The Physick Book of Deliverance Dane
The Physick Book of Deliverance Dane. Katherine Howe. Hyperion Books (New York, NY: 2009). 371 pp. hardback $25.99. ISBN 978-1-4013-4090-2.
Reviewed by Berni Phillips Bratman
[This review originally appeared in Mythprint 47:1 (#330) in January 2010.]
Katherine Howe, the author of this book, is descended from two accused Salem witches and is working on her Ph.D. It was only natural that she conceived a novel which incorporates these two aspects of herself.
Connie Goodwin is a Ph.D. candidate at prestigious Harvard University in 1991. She is specializing in the early colonial period and needs to come up with a topic for her dissertation after completing her oral exams. Thus she is annoyed when her flaky mother, Grace, asks her to spend time cleaning up the old family home, preparing it for sale. The house is in the little town, Marblehead, Massachusetts, and hasn’t been occupied since her grandmother died, twenty years earlier.
In the midst of her cleaning, she takes out an ancient family Bible. Thumbing through it, she drops it as her hand begins to feel hot and strange. Out of the Bible has dropped an antique key. Hollow, it contains a small slip of paper which she carefully extracts. On the paper is written two words: Deliverance Dane.
Consulting with her doctoral advisor, Connie decides that it must be a name. The Puritans were fond of names based on virtues. Digging through town records, she comes to the conclusion that not only was Deliverance Dane the name of a woman, she was an undocumented “Salem witch.” In addition, Deliverance was some sort of “cunning woman,” a midwife/wise woman who healed her neighbors as best she could, guided in her craft by a book. If Connie was successful in her research, finding a previously unknown victim of the hysteria of the Salem witch trials and a new primary source, she would have a dissertation worthy of the best scholars of early America.
Woven through Connie’s stories are excerpts from Deliverance Dane’s life and that of her daughter, Mercy. We first meet Deliverance in the prologue in 1681 where she has been called to the bedside of a dying five-year-old girl. Deliverance is unable to save her, and this is the origin of all her troubles. She tells the grieving father, a widower, that the girl was bewitched. Unable to accept this, the father blames Deliverance, which ultimately lands her a spot in the Salem witch trials.
This book was published as mainstream fiction, yet I believe it qualifies as mythopoeic fantasy and could be considered for the Mythopoeic Fantasy Award. You see, unlike the others, Deliverance Dane really is a witch, and she attributes the source of her power to God. The mythos is that which many of us believe in, Christianity, and Deliverance is a true believer who prays regularly.
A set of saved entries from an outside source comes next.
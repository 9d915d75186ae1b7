-- ===== src/Mixer/Script.antt =====
-- src/mixer.cpp: `connect` with an array of gains, `addGainController` and `scheduleGain`.
use bipscript.Prelude.{
  ℕ, zero, suc, ◌+◌, ◌-◌, ◌%◌, List, [], ◌∷◌, ◌++◌, Option, none, some, ltb, ◌==◌, if◌then◌else◌,
  length, Result, ok, err, fault,
}
use bipscript.Position.{u32, Position, make_position}
use bipscript.Prelude.Int.{pos}
use bipscript.EventBuffer.{EventBuffer, add_event}
use bipscript.Mixer.{
  Call, returned, threw, spins, crashed, and_then, Floats, ScriptValue, ScriptArray, end, entry,
  integer, float, array, other, size, GainEvent, Mixer, mapping_queue_size, connection_queue_size,
  set_gain, connect_inputs, validated,
}

module _ {F : Type 0} (floats : Floats F) where
  -- A gain of a subarray, from output `j` on.
  abbrev pub set_entry : ℕ → ℕ → ScriptValue F → Mixer F → Call (Mixer F)
  set_entry input j (float value) m = set_gain input j value m
  set_entry input j (integer value) m = set_gain input j (floats.of_int value) m
  set_entry input j (array values) m = threw "gain value should be a number" m
  set_entry input j other m = threw "gain value should be a number" m

  unfoldable pub set_entries : ℕ → ℕ → ScriptArray F → Mixer F → Call (Mixer F)
  set_entries input j end m = returned m
  set_entries input j (entry value rest) m =
      and_then (set_entry input j value m) (set_entries input (suc j) rest)

  -- One gain for all outputs, with `remaining` of them left.
  unfoldable pub set_all : ℕ → (remaining j : ℕ) → F → Mixer F → Call (Mixer F)
  set_all input zero j value m = returned m
  set_all input (suc remaining) j value m =
      and_then (set_gain input j value m) (set_all input remaining (suc j) value)

  -- One entry of the array. The text of the length error goes on with the number of outputs.
  unfoldable pub set_input : ℕ → ScriptValue F → Mixer F → Call (Mixer F)
  set_input input (array values) m =
      if size values == m.audio_output_count
      then set_entries input 0 values m
      else threw "gain subarray should be length " m
  set_input input (integer value) m = set_all input m.audio_output_count 0 (floats.of_int value) m
  set_input input (float value) m = set_all input m.audio_output_count 0 value m
  set_input input other m = threw "each gain array entry should be a number or subarray" m

  unfoldable pub set_inputs : ℕ → ScriptArray F → Mixer F → Call (Mixer F)
  set_inputs i end m = returned m
  set_inputs i (entry value rest) m =
      and_then (set_input ((m.connected_inputs + i) % u32) value m) (set_inputs (suc i) rest)

  -- `connect(Source &, ScriptArray &)`
  unfoldable pub connect_array :
      (connection : ℕ → Result ℕ) → (count : ℕ) → ScriptArray F → Mixer F → Call (Mixer F)
  connect_array connection count gains m =
      if size gains == count
      then and_then (set_inputs 0 gains m) (connect_inputs connection count 0)
      else threw "gains array has different length than input count" m

abbrev pub find_connection : ℕ → List (ℕ × ℕ) → Option ℕ
find_connection c [] = none
find_connection c (e ∷ m) = if e.0 == c then some e.1 else find_connection c m

module _ {F : Type 0} where
  abbrev pub push_mapping : ℕ → ℕ → ℕ → ℕ → Mixer F → Call (Mixer F)
  push_mapping place cc input output m =
      if ltb (length m.new_mappings) mapping_queue_size
      then returned (record m {
        new_mappings =
            m.new_mappings
            ++ record { connection = place; cc = cc; input = input - 1; output = output - 1 } ∷ [];
      })
      else spins

  abbrev pub map_controller : ℕ → ℕ → ℕ → ℕ → Mixer F → Option ℕ → Call (Mixer F)
  map_controller source cc input output m (some place) = push_mapping place cc input output m
  map_controller source cc input output m none =
      let place = length m.controls in
      let made = record m {
        controls =
            m.controls
            ++ record { mappings = []; connection = source; event_count = 0; event_index = 0 } ∷ [];
        control_connection_map = (source, place) ∷ m.control_connection_map;
        fresh_connections = m.fresh_connections ++ place ∷ [];
      } in
      if ltb (length m.fresh_connections) connection_queue_size
      then push_mapping place cc input output made
      else spins

  -- `addGainController`; `source` is the MIDI connection.
  unfoldable pub add_gain_controller : (source cc input output : ℕ) → Mixer F → Call (Mixer F)
  add_gain_controller source cc input output m =
      if cc == 0
      then threw "There is no MIDI control number zero" m
      else if ltb 127 cc
      then threw "MIDI control number cannot be greater than 127" m
      else validated input output m (
          map_controller source cc input output m (find_connection source m.control_connection_map))

  abbrev pub queued : Mixer F → Option (EventBuffer (GainEvent F)) → Call (Mixer F)
  queued m none = spins
  queued m (some events) = returned (record m { gain_events = events })

  abbrev pub schedule_at : ℕ → ℕ → F → Mixer F → Result Position → Call (Mixer F)
  schedule_at input output value m fault = crashed
  schedule_at input output value m (err text) = threw text m
  schedule_at input output value m (ok position) = queued m (
      add_event
        (record {
          position = position;
          frame_offset = pos 0;
          payload = record { input = input - 1; output = output - 1; value = value };
        })
        m.gain_events)

  -- `scheduleGain`
  unfoldable pub schedule_gain :
      (input output : ℕ) → F → (bar position division : ℕ) → Mixer F → Call (Mixer F)
  schedule_gain input output value bar position division m =
      validated input output m
        (schedule_at input output value m (make_position bar position division))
When I first started reading this book, I was puzzled by why Howe chose to set the modern day story in 1991 rather than the current year. At first hand, it seems a cheap writing trick since most of Deliverance’s story takes place in 1691, so you have a convenient three hundred year block to alternate between. Pondering this further, I decided that she had to set it in a short time in the past for an important reason. In some ways, the world has changed since 1991 in as striking a way for researchers as if it were 1691. The year 1991 was before the big internet explosion with e-mail and online search engines and all the electronic ephemera that have changed how many of us look for information. In the book, the house Connie is supposed to be cleaning up has no electricity. The Connie of 2009 would have a much harder time of it, living without her computer. I suspect this is why Howe chose the year she did, and it’s indicative of her subtlety.
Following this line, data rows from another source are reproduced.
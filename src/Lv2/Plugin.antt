-- ===== src/Lv2/Plugin.antt =====
-- src/lv2plugin.h and src/lv2plugin.cpp: the calls of the script on a plugin. Its ports are as the
-- constructor found them; the lilv library is not modelled.
use text.Mathlib.Text.{◌==◌ as str_eq}
use bipscript.Prelude.{
  ℕ, zero, suc, ◌-◌, List, [], ◌∷◌, ◌++◌, Bool, ◌&&◌, Option, none, some, ltb, ◌==◌, if◌then◌else◌,
  length, get_elem?, set, Result, ok, err, fault, String,
}
use bipscript.Prelude.Int.{pos}
use bipscript.Position.{Position, make_position}
use bipscript.EventBuffer.{EventBuffer, add_event}
use bipscript.Midi.{MidiEvent}
use bipscript.Mixer.{Call, returned, threw, spins, crashed, and_then}
use bipscript.Mixer.Script.{find_connection}
use bipscript.Lv2.{MidiInput}

-- What is done in floating point; nothing is assumed of it.
pub record PortFloats (F : Type 0) : Type 0 where
  pub greater : F → F → Bool
  -- `minimum + (maximum - minimum) * midiValue / 127`
  pub scaled : F → F → ℕ → F

pub record ControlPort (F : Type 0) : Type 0 where
  pub value : F
  pub dfault : F
  pub minimum : F
  pub maximum : F

pub record ControlEvent (F : Type 0) : Type 0 where
  pub port : ℕ
  pub new_value : F

-- `ControlMapping`; a pointer to a port or a connection is its place among those that were made.
pub record PortMapping (F : Type 0) : Type 0 where
  pub connection : ℕ
  pub cc : ℕ
  pub port : ℕ
  pub minimum : F
  pub maximum : F

-- `ControlConnection` of the plugin: its mappings, newest first.
pub record PortConnection (F : Type 0) : Type 0 where
  pub mappings : List (PortMapping F)
  pub source : ℕ

-- `Plugin`. A MIDI input has its connection; none among the controls is one that the collector has
-- deleted. A name that `controlMap[…]` adds with a null pointer is one that is not there.
pub record Plugin (F : Type 0) : Type 0 where
  pub midi_inputs : List (MidiInput × Option ℕ)
  pub audio_input : List (Option ℕ)
  pub control_buffer : EventBuffer (ControlEvent F)
  pub control_map : List (String × ℕ)
  pub ports : List (ControlPort F)
  pub connection_map : List (ℕ × ℕ)
  pub controls : List (Option (PortConnection F))
  pub new_port_mappings : List (PortMapping F)
  pub fresh : List ℕ
  pub active : List ℕ

abbrev pub mapping_room : ℕ
mapping_room = 16

abbrev pub connection_room : ℕ
connection_room = 4

-- `getPort`
unfoldable pub find_port : String → List (String × ℕ) → Option ℕ
find_port symbol [] = none
find_port symbol ((name, port) ∷ m) = if str_eq name symbol then some port else find_port symbol m

abbrev pub to_first : MidiEvent → List (MidiInput × Option ℕ) → Option (List (MidiInput × Option ℕ))
to_first e [] = some []
to_first e (i ∷ is) = elim (add_event e i.0.event_buffer) [
  | none ↦ none
  | some b ↦ some ((record i.0 { event_buffer = b }, i.1) ∷ is)
]

module _ {F : Type 0} where
  -- `audioInput[i].setConnection(…)`; the result is what it stores, or its exception.
  abbrev pub plug : ℕ → Result ℕ → Plugin F → Call (Plugin F)
  plug i fault p = crashed
  plug i (err text) p = threw text p
  plug i (ok connection) p =
      if ltb i (length p.audio_input)
      then returned (record p { audio_input = set p.audio_input i (some connection) })
      else crashed

  unfoldable pub plug_each :
      (connection : ℕ → Result ℕ) → (remaining i : ℕ) → Plugin F → Call (Plugin F)
  plug_each connection zero i p = returned p
  plug_each connection (suc remaining) i p =
      and_then (plug i (connection i) p) (plug_each connection remaining (suc i))

  -- `connect(audio::Source &)`; `count` is the source's number of outputs.
  unfoldable pub connect_source :
      (connection : ℕ → Result ℕ) → (count : ℕ) → Plugin F → Call (Plugin F)
  connect_source connection count p =
      let inputs = length p.audio_input in
      if inputs == 0
      then threw "cannot connect: this plugin has no audio inputs" p
      else if (inputs == 2) && (count == 1)
      then and_then (plug 0 (connection 0) p) (plug 1 (connection 0))
      else if inputs == count
      then plug_each connection inputs 0 p
      else threw "cannot connect: different number of input/output connections" p

  -- `connect(audio::AudioConnection *, uint32_t)`
  unfoldable pub connect_channel : Result ℕ → ℕ → Plugin F → Call (Plugin F)
  connect_channel connection channel p =
      if channel == 0
      then threw "cannot connect: there is no channel zero" p
      else if ltb (length p.audio_input) channel
      then threw "cannot connect: channel too high" p
      else plug (channel - 1) connection p

  abbrev pub plug_midi : Result ℕ → List (MidiInput × Option ℕ) → Plugin F → Call (Plugin F)
  plug_midi connection [] p = threw "cannot connect: this plugin has no MIDI inputs" p
  plug_midi fault (i ∷ is) p = crashed
  plug_midi (err text) (i ∷ is) p = threw text p
  plug_midi (ok connection) (i ∷ is) p =
      returned (record p { midi_inputs = (i.0, some connection) ∷ is })

  -- `connectMidi`; `count` is the source's number of MIDI outputs.
  unfoldable pub connect_midi : Result ℕ → (count : ℕ) → Plugin F → Call (Plugin F)
  connect_midi connection count p =
      if count == 0
      then threw "cannot connect: the source has no MIDI outputs" p
      else plug_midi connection p.midi_inputs p

  -- The text goes on with the symbol.
  abbrev pub with_port : String → Plugin F → (ℕ → Call (Plugin F)) → Call (Plugin F)
  with_port symbol p next = elim (find_port symbol p.control_map) [
    | none ↦ threw "Plugin has no such port: " p
    | some port ↦ next port
  ]

  abbrev pub set_value : ℕ → F → List (ControlPort F) → List (ControlPort F)
  set_value port value ports = elim (get_elem? ports port) [
    | none ↦ ports
    | some c ↦ set ports port (record c { value = value })
  ]

  -- `setControlValue`
  unfoldable pub set_control_value : String → F → Plugin F → Call (Plugin F)
  set_control_value symbol value p =
      with_port symbol p λ port. returned (record p { ports = set_value port value p.ports })

  abbrev pub queued_control : Plugin F → Option (EventBuffer (ControlEvent F)) → Call (Plugin F)
  queued_control p none = spins
  queued_control p (some b) = returned (record p { control_buffer = b })

  abbrev pub schedule_port_at : ℕ → F → Plugin F → Result Position → Call (Plugin F)
  schedule_port_at port value p fault = crashed
  schedule_port_at port value p (err text) = threw text p
  schedule_port_at port value p (ok position) = queued_control p (
      add_event
        (record {
          position = position;
          frame_offset = pos 0;
          payload = record { port = port; new_value = value };
        })
        p.control_buffer)

  -- `scheduleControl`
  unfoldable pub schedule_control :
      String → F → (bar position division : ℕ) → Plugin F → Call (Plugin F)
  schedule_control symbol value bar position division p =
      with_port symbol p λ port. schedule_port_at port value p (make_position bar position division)

  abbrev pub push_port_mapping : PortMapping F → Plugin F → Call (Plugin F)
  push_port_mapping x p =
      if ltb (length p.new_port_mappings) mapping_room
      then returned (record p { new_port_mappings = p.new_port_mappings ++ x ∷ [] })
      else spins

  -- The connection of the source is found, or made and queued.
  abbrev pub map_port : ℕ → (ℕ → PortMapping F) → Plugin F → Option ℕ → Call (Plugin F)
  map_port source mapping p (some place) = push_port_mapping (mapping place) p
  map_port source mapping p none =
      let place = length p.controls in
      let made = record p {
        controls = p.controls ++ some (record { mappings = []; source = source }) ∷ [];
        connection_map = (source, place) ∷ p.connection_map;
        fresh = p.fresh ++ place ∷ [];
      } in
      if ltb (length p.fresh) connection_room then push_port_mapping (mapping place) made else spins

  -- `addController` with a range; `source` is the MIDI connection.
  unfoldable pub add_controller :
      PortFloats F → (source cc : ℕ) → String → (minimum maximum : F) → Plugin F → Call (Plugin F)
  add_controller floats source cc symbol minimum maximum p =
      if cc == 0
      then threw "There is no MIDI control number zero" p
      else if ltb 127 cc
      then threw "MIDI control number cannot be greater than 127" p
      else if floats.greater minimum maximum
      then threw "Minimum cannot be greater than maximum" p
      else with_port symbol p λ port.
        map_port source
          (λ place. record {
            connection = place;
            cc = cc;
            port = port;
            minimum = minimum;
            maximum = maximum;
          })
          p (find_connection source p.connection_map)

  abbrev pub range_of : ℕ → List (ControlPort F) → Option (F × F)
  range_of port ports = elim (get_elem? ports port) [
    | none ↦ none
    | some c ↦ some (c.minimum, c.maximum)
  ]

  -- `addController` with the range of the port.
  unfoldable pub add_default_controller :
      PortFloats F → (source cc : ℕ) → String → Plugin F → Call (Plugin F)
  add_default_controller floats source cc symbol p = with_port symbol p λ port.
      elim (range_of port p.ports) [
        | none ↦ crashed
        | some range ↦ add_controller floats source cc symbol range.0 range.1 p
      ]

  -- `restore`
  unfoldable pub restore_plugin : Plugin F → Plugin F
  restore_plugin p = record p { connection_map = [] }

  -- `addMidiEvent`: only the first input has the event.
  unfoldable pub add_midi_event : MidiEvent → Plugin F → Call (Plugin F)
  add_midi_event e p = elim (to_first e p.midi_inputs) [
    | none ↦ spins
    | some inputs ↦ returned (record p { midi_inputs = inputs })
  ]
This is also a book about the connections between mothers and daughters. Sensible Connie is so different from her new-age mother. She has frequent phone conversations with her mother in the book, and we see her gaining knowledge of her mother and finally beginning to understand why she is the way she is. This is mirrored in the relationship between Deliverance and Mercy, the other mother and daughter in the book. (Actually, each story also has a third generation: we have glimpses of Grace’s mother, Sophia, and Mercy’s daughter, Prudence. Each generation is befuddled by the one before and after it.)
Howe gives us a glimpse of how our Puritan ancestors viewed the world. “Modernity took ‘bewitchment’ to mean something caused by magical intervention. But early modern people lived in a world that largely predated science, operating without sophisticated understanding of the difference between correlation and causation. Connie had a suspicion that ‘bewitchment’ might imply not magical causes per se, but only nonorganic ones. Poisoning, say, rather than common illness. Something attributable to an outside source, rather than to the mysterious workings of Providence.” [p. 341] In other words, it might be kinder to say an afflicted person has been bewitched if the alternative is saying that someone’s own carelessness caused the illness of a loved one.
I would recommend this to anyone who is interested in the time of the Salem witch trials or reading of the rigors of the scholastic life, pursuing the elusive Ph.D. Howe tells a good story with characters I cared about and a well-paced plot which kept me wanting to keep reading.